ABOUT THIS EXERCISE: The records that follow must all be duplicated exactly.
== Segment start ==
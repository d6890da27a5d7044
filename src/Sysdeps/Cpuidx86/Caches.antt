-- ===== src/Sysdeps/Cpuidx86/Caches.antt =====
-- How sd-cpuidx86.c looks for the descriptors of caches that the processor lists.
use coreland_c_string.Base.{
  ℕ, zero, suc, ◌/◌, ◌%◌, ◌^◌, bit_and, ◌==◌, Option, none, some, List, [], ◌∷◌, if◌then◌else◌,
}
use coreland_c_string.Sysdeps.Cpuidx86.Tables.{CacheDescription}

-- The four registers that the CPUID instruction sets.
pub record Registers : Type 0 where
  pub eax : ℕ
  pub ebx : ℕ
  pub ecx : ℕ
  pub edx : ℕ

-- The instruction: what the registers are after the call of this number, for a value of EAX.
abbrev pub Cpuid : Type 0
Cpuid = ℕ → ℕ → Registers

-- `CPU_ID_CACHE_TLB_INFO` and `CPU_ID_GET_MAX_EXT_PARAM`
abbrev pub id_cache_tlb_info : ℕ
id_cache_tlb_info = 0x00000002

abbrev pub id_get_max_ext_param : ℕ
id_get_max_ext_param = 0x80000000

-- The walk over a table up to the row whose `val` is zero: the row found, if one is; nothing at
-- all for a walk that leaves the table.
unfoldable pub search_list : List CacheDescription → ℕ → Option (Option CacheDescription)
search_list [] id = none
search_list (c ∷ rest) id =
    if c.val == 0 then some none else if c.val == id then some (some c) else search_list rest id

-- `cpu_check_cache_list`, which hands back the row whose size and line it stores.
unfoldable pub cpu_check_cache_list : List CacheDescription → ℕ → Option (Option CacheDescription)
unfolding search_list
cpu_check_cache_list cache_list zero = some none
cpu_check_cache_list cache_list (suc id) = search_list cache_list (suc id)

-- `if (...) return 1;`: the rest runs where nothing was found.
abbrev pub or_next :
    Option (Option CacheDescription)
    → Option (Option CacheDescription)
    → Option (Option CacheDescription)
or_next none rest = none
or_next (some none) rest = rest
or_next (some (some c)) rest = some (some c)

-- `cpu_check_cache_list_by_register`
unfoldable pub cpu_check_cache_list_by_register :
    List CacheDescription → ℕ → Option (Option CacheDescription)
unfolding cpu_check_cache_list
cpu_check_cache_list_by_register cache_list reg_value =
    or_next (cpu_check_cache_list cache_list (reg_value / 2 ^ 24 % 256)) (
      or_next (cpu_check_cache_list cache_list (reg_value / 2 ^ 16 % 256)) (
        or_next (cpu_check_cache_list cache_list (reg_value / 2 ^ 8 % 256))
          (cpu_check_cache_list cache_list (reg_value % 256))))

-- A register whose top bit is set lists nothing.
abbrev pub valid : ℕ → ℕ
valid reg = if bit_and reg id_get_max_ext_param == 0 then reg else 0

-- One round of the loop: the four registers in turn.
unfoldable pub check_registers :
    List CacheDescription → Registers → Option (Option CacheDescription)
unfolding cpu_check_cache_list_by_register
check_registers ctab r = or_next (cpu_check_cache_list_by_register ctab (valid r.eax)) (
    or_next (cpu_check_cache_list_by_register ctab (valid r.ebx)) (
      or_next (cpu_check_cache_list_by_register ctab (valid r.ecx))
        (cpu_check_cache_list_by_register ctab (valid r.edx))))

-- What a search comes to: the row, if one was found, and the number of calls so far.
abbrev pub Searched : Type 0
Searched = Option (Option CacheDescription × ℕ)

abbrev pub after_round : Option (Option CacheDescription) → ℕ → Searched → Searched
after_round none calls rest = none
after_round (some none) calls rest = rest
after_round (some (some c)) calls rest = some (some c, calls)

-- The loop, for the rounds that are left.
unfoldable pub cache_rounds : Cpuid → List CacheDescription → ℕ → ℕ → Searched
unfolding check_registers
cache_rounds cpuid ctab zero calls = some (none, calls)
cache_rounds cpuid ctab (suc n) calls =
    let rest = cache_rounds cpuid ctab n (suc calls) in
    after_round (check_registers ctab (cpuid calls id_cache_tlb_info)) (suc calls) rest

-- `cpu_cache_size`, for a table that is there.
unfoldable pub cpu_cache_size : Cpuid → List CacheDescription → ℕ → Searched
unfolding cache_rounds
cpu_cache_size cpuid ctab calls =
    let max = (cpuid calls id_cache_tlb_info).eax % 256 in cache_rounds cpuid ctab max (suc calls)
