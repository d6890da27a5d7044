-- ===== src/Sysdeps/Cpuidx86/State.antt =====
-- What sd-cpuidx86.c knows of the processor, and the CPUID instruction.
use coreland_c_string.Base.{ℕ, suc}
use coreland_c_string.Sysdeps.Cpuidx86.Caches.{Registers, Cpuid}

-- `struct cpu_info`
pub record CpuInfo : Type 0 where
  pub number : ℕ
  pub vendor : ℕ
  pub ext_family : ℕ
  pub family : ℕ
  pub model : ℕ
  pub ext_model : ℕ
  pub step : ℕ
  pub type : ℕ
  pub brand : ℕ
  pub cache_l1_instruction : ℕ
  pub cache_l1_data : ℕ
  pub cache_l2 : ℕ
  pub cache_l3 : ℕ
  pub cacheline : ℕ
  pub flags : ℕ
  pub eflags : ℕ
  pub bflags : ℕ
  pub freq : ℕ
  pub max_basic_param : ℕ
  pub max_extended_param : ℕ
  pub max_alt_extended_param : ℕ

-- The static variables, which start at zero, and the number of CPUID instructions so far. What
-- goes to the standard error stream is not kept.
pub record Machine : Type 0 where
  pub cpu : CpuInfo
  pub regs : Registers
  pub calls : ℕ

abbrev no_cpu : CpuInfo
no_cpu = record {
  number = 0;
  vendor = 0;
  ext_family = 0;
  family = 0;
  model = 0;
  ext_model = 0;
  step = 0;
  type = 0;
  brand = 0;
  cache_l1_instruction = 0;
  cache_l1_data = 0;
  cache_l2 = 0;
  cache_l3 = 0;
  cacheline = 0;
  flags = 0;
  eflags = 0;
  bflags = 0;
  freq = 0;
  max_basic_param = 0;
  max_extended_param = 0;
  max_alt_extended_param = 0;
}

abbrev pub initial : Machine
initial = record { cpu = no_cpu; regs = record { eax = 0; ebx = 0; ecx = 0; edx = 0 }; calls = 0 }

-- `cpuid (val, &eax, &ebx, &ecx, &edx)`
abbrev pub exec_cpuid : Cpuid → ℕ → Machine → Machine
exec_cpuid cpuid val m = record m { regs = cpuid m.calls val; calls = suc m.calls }

-- `CPU_ID_VENDOR_ID`, which is `CPU_ID_GET_MAX_BASIC_PARAM`, and the other values of EAX
abbrev pub id_vendor_id : ℕ
id_vendor_id = 0x00000000

abbrev pub id_processor_info : ℕ
id_processor_info = 0x00000001

abbrev pub id_get_max_ext_alt_param : ℕ
id_get_max_ext_alt_param = 0xc0000000

abbrev pub id_get_ext_info : ℕ
id_get_ext_info = 0x80000001

abbrev pub id_l1_cache_tlb : ℕ
id_l1_cache_tlb = 0x80000005

abbrev pub id_l2_cache : ℕ
id_l2_cache = 0x80000006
== Segment end ==
YOUR SOLUTION:
repository d6890da27a5d7044
filename src/Sysdeps/Cpuidx86/Caches.antt
-- ===== src/Sysdeps/Cpuidx86/Caches.antt =====
-- How sd-cpuidx86.c looks for the descriptors of caches that the processor lists.
use coreland_c_string.Base.{
  ℕ, zero, suc, ◌/◌, ◌%◌, ◌^◌, bit_and, ◌==◌, Option, none, some, List, [], ◌∷◌, if◌then◌else◌,
}
use coreland_c_string.Sysdeps.Cpuidx86.Tables.{CacheDescription}

-- The four registers that the CPUID instruction sets.
pub record Registers : Type 0 where
  pub eax : ℕ
  pub ebx : ℕ
  pub ecx : ℕ
  pub edx : ℕ

-- The instruction: what the registers are after the call of this number, for a value of EAX.
abbrev pub Cpuid : Type 0
Cpuid = ℕ → ℕ → Registers

-- `CPU_ID_CACHE_TLB_INFO` and `CPU_ID_GET_MAX_EXT_PARAM`
abbrev pub id_cache_tlb_info : ℕ
id_cache_tlb_info = 0x00000002

abbrev pub id_get_max_ext_param : ℕ
id_get_max_ext_param = 0x80000000

-- The walk over a table up to the row whose `val` is zero: the row found, if one is; nothing at
-- all for a walk that leaves the table.
unfoldable pub search_list : List CacheDescription → ℕ → Option (Option CacheDescription)
search_list [] id = none
search_list (c ∷ rest) id =
    if c.val == 0 then some none else if c.val == id then some (some c) else search_list rest id

-- `cpu_check_cache_list`, which hands back the row whose size and line it stores.
unfoldable pub cpu_check_cache_list : List CacheDescription → ℕ → Option (Option CacheDescription)
unfolding search_list
cpu_check_cache_list cache_list zero = some none
cpu_check_cache_list cache_list (suc id) = search_list cache_list (suc id)

-- `if (...) return 1;`: the rest runs where nothing was found.
abbrev pub or_next :
    Option (Option CacheDescription)
    → Option (Option CacheDescription)
    → Option (Option CacheDescription)
or_next none rest = none
or_next (some none) rest = rest
or_next (some (some c)) rest = some (some c)

-- `cpu_check_cache_list_by_register`
unfoldable pub cpu_check_cache_list_by_register :
    List CacheDescription → ℕ → Option (Option CacheDescription)
unfolding cpu_check_cache_list
cpu_check_cache_list_by_register cache_list reg_value =
    or_next (cpu_check_cache_list cache_list (reg_value / 2 ^ 24 % 256)) (
      or_next (cpu_check_cache_list cache_list (reg_value / 2 ^ 16 % 256)) (
        or_next (cpu_check_cache_list cache_list (reg_value / 2 ^ 8 % 256))
          (cpu_check_cache_list cache_list (reg_value % 256))))

-- A register whose top bit is set lists nothing.
abbrev pub valid : ℕ → ℕ
valid reg = if bit_and reg id_get_max_ext_param == 0 then reg else 0

-- One round of the loop: the four registers in turn.
unfoldable pub check_registers :
    List CacheDescription → Registers → Option (Option CacheDescription)
unfolding cpu_check_cache_list_by_register
check_registers ctab r = or_next (cpu_check_cache_list_by_register ctab (valid r.eax)) (
    or_next (cpu_check_cache_list_by_register ctab (valid r.ebx)) (
      or_next (cpu_check_cache_list_by_register ctab (valid r.ecx))
        (cpu_check_cache_list_by_register ctab (valid r.edx))))

-- What a search comes to: the row, if one was found, and the number of calls so far.
abbrev pub Searched : Type 0
Searched = Option (Option CacheDescription × ℕ)

abbrev pub after_round : Option (Option CacheDescription) → ℕ → Searched → Searched
after_round none calls rest = none
after_round (some none) calls rest = rest
after_round (some (some c)) calls rest = some (some c, calls)

-- The loop, for the rounds that are left.
unfoldable pub cache_rounds : Cpuid → List CacheDescription → ℕ → ℕ → Searched
unfolding check_registers
cache_rounds cpuid ctab zero calls = some (none, calls)
cache_rounds cpuid ctab (suc n) calls =
    let rest = cache_rounds cpuid ctab n (suc calls) in
    after_round (check_registers ctab (cpuid calls id_cache_tlb_info)) (suc calls) rest

-- `cpu_cache_size`, for a table that is there.
unfoldable pub cpu_cache_size : Cpuid → List CacheDescription → ℕ → Searched
unfolding cache_rounds
cpu_cache_size cpuid ctab calls =
    let max = (cpuid calls id_cache_tlb_info).eax % 256 in cache_rounds cpuid ctab max (suc calls)
repository d6890da27a5d7044
-- ===== src/Sysdeps/Cpuidx86/State.antt =====
-- What sd-cpuidx86.c knows of the processor, and the CPUID instruction.
use coreland_c_string.Base.{ℕ, suc}
use coreland_c_string.Sysdeps.Cpuidx86.Caches.{Registers, Cpuid}

-- `struct cpu_info`
pub record CpuInfo : Type 0 where
  pub number : ℕ
  pub vendor : ℕ
  pub ext_family : ℕ
  pub family : ℕ
  pub model : ℕ
  pub ext_model : ℕ
  pub step : ℕ
  pub type : ℕ
  pub brand : ℕ
  pub cache_l1_instruction : ℕ
  pub cache_l1_data : ℕ
  pub cache_l2 : ℕ
  pub cache_l3 : ℕ
  pub cacheline : ℕ
  pub flags : ℕ
  pub eflags : ℕ
  pub bflags : ℕ
  pub freq : ℕ
  pub max_basic_param : ℕ
  pub max_extended_param : ℕ
  pub max_alt_extended_param : ℕ

-- The static variables, which start at zero, and the number of CPUID instructions so far. What
-- goes to the standard error stream is not kept.
pub record Machine : Type 0 where
  pub cpu : CpuInfo
  pub regs : Registers
  pub calls : ℕ

abbrev no_cpu : CpuInfo
no_cpu = record {
  number = 0;
  vendor = 0;
  ext_family = 0;
  family = 0;
  model = 0;
  ext_model = 0;
  step = 0;
  type = 0;
  brand = 0;
  cache_l1_instruction = 0;
  cache_l1_data = 0;
  cache_l2 = 0;
  cache_l3 = 0;
  cacheline = 0;
  flags = 0;
  eflags = 0;
  bflags = 0;
  freq = 0;
  max_basic_param = 0;
  max_extended_param = 0;
  max_alt_extended_param = 0;
}

abbrev pub initial : Machine
initial = record { cpu = no_cpu; regs = record { eax = 0; ebx = 0; ecx = 0; edx = 0 }; calls = 0 }

-- `cpuid (val, &eax, &ebx, &ecx, &edx)`
abbrev pub exec_cpuid : Cpuid → ℕ → Machine → Machine
exec_cpuid cpuid val m = record m { regs = cpuid m.calls val; calls = suc m.calls }

-- `CPU_ID_VENDOR_ID`, which is `CPU_ID_GET_MAX_BASIC_PARAM`, and the other values of EAX
abbrev pub id_vendor_id : ℕ
id_vendor_id = 0x00000000

abbrev pub id_processor_info : ℕ
id_processor_info = 0x00000001

abbrev pub id_get_max_ext_alt_param : ℕ
id_get_max_ext_alt_param = 0xc0000000

abbrev pub id_get_ext_info : ℕ
id_get_ext_info = 0x80000001

abbrev pub id_l1_cache_tlb : ℕ
id_l1_cache_tlb = 0x80000005

abbrev pub id_l2_cache : ℕ
id_l2_cache = 0x80000006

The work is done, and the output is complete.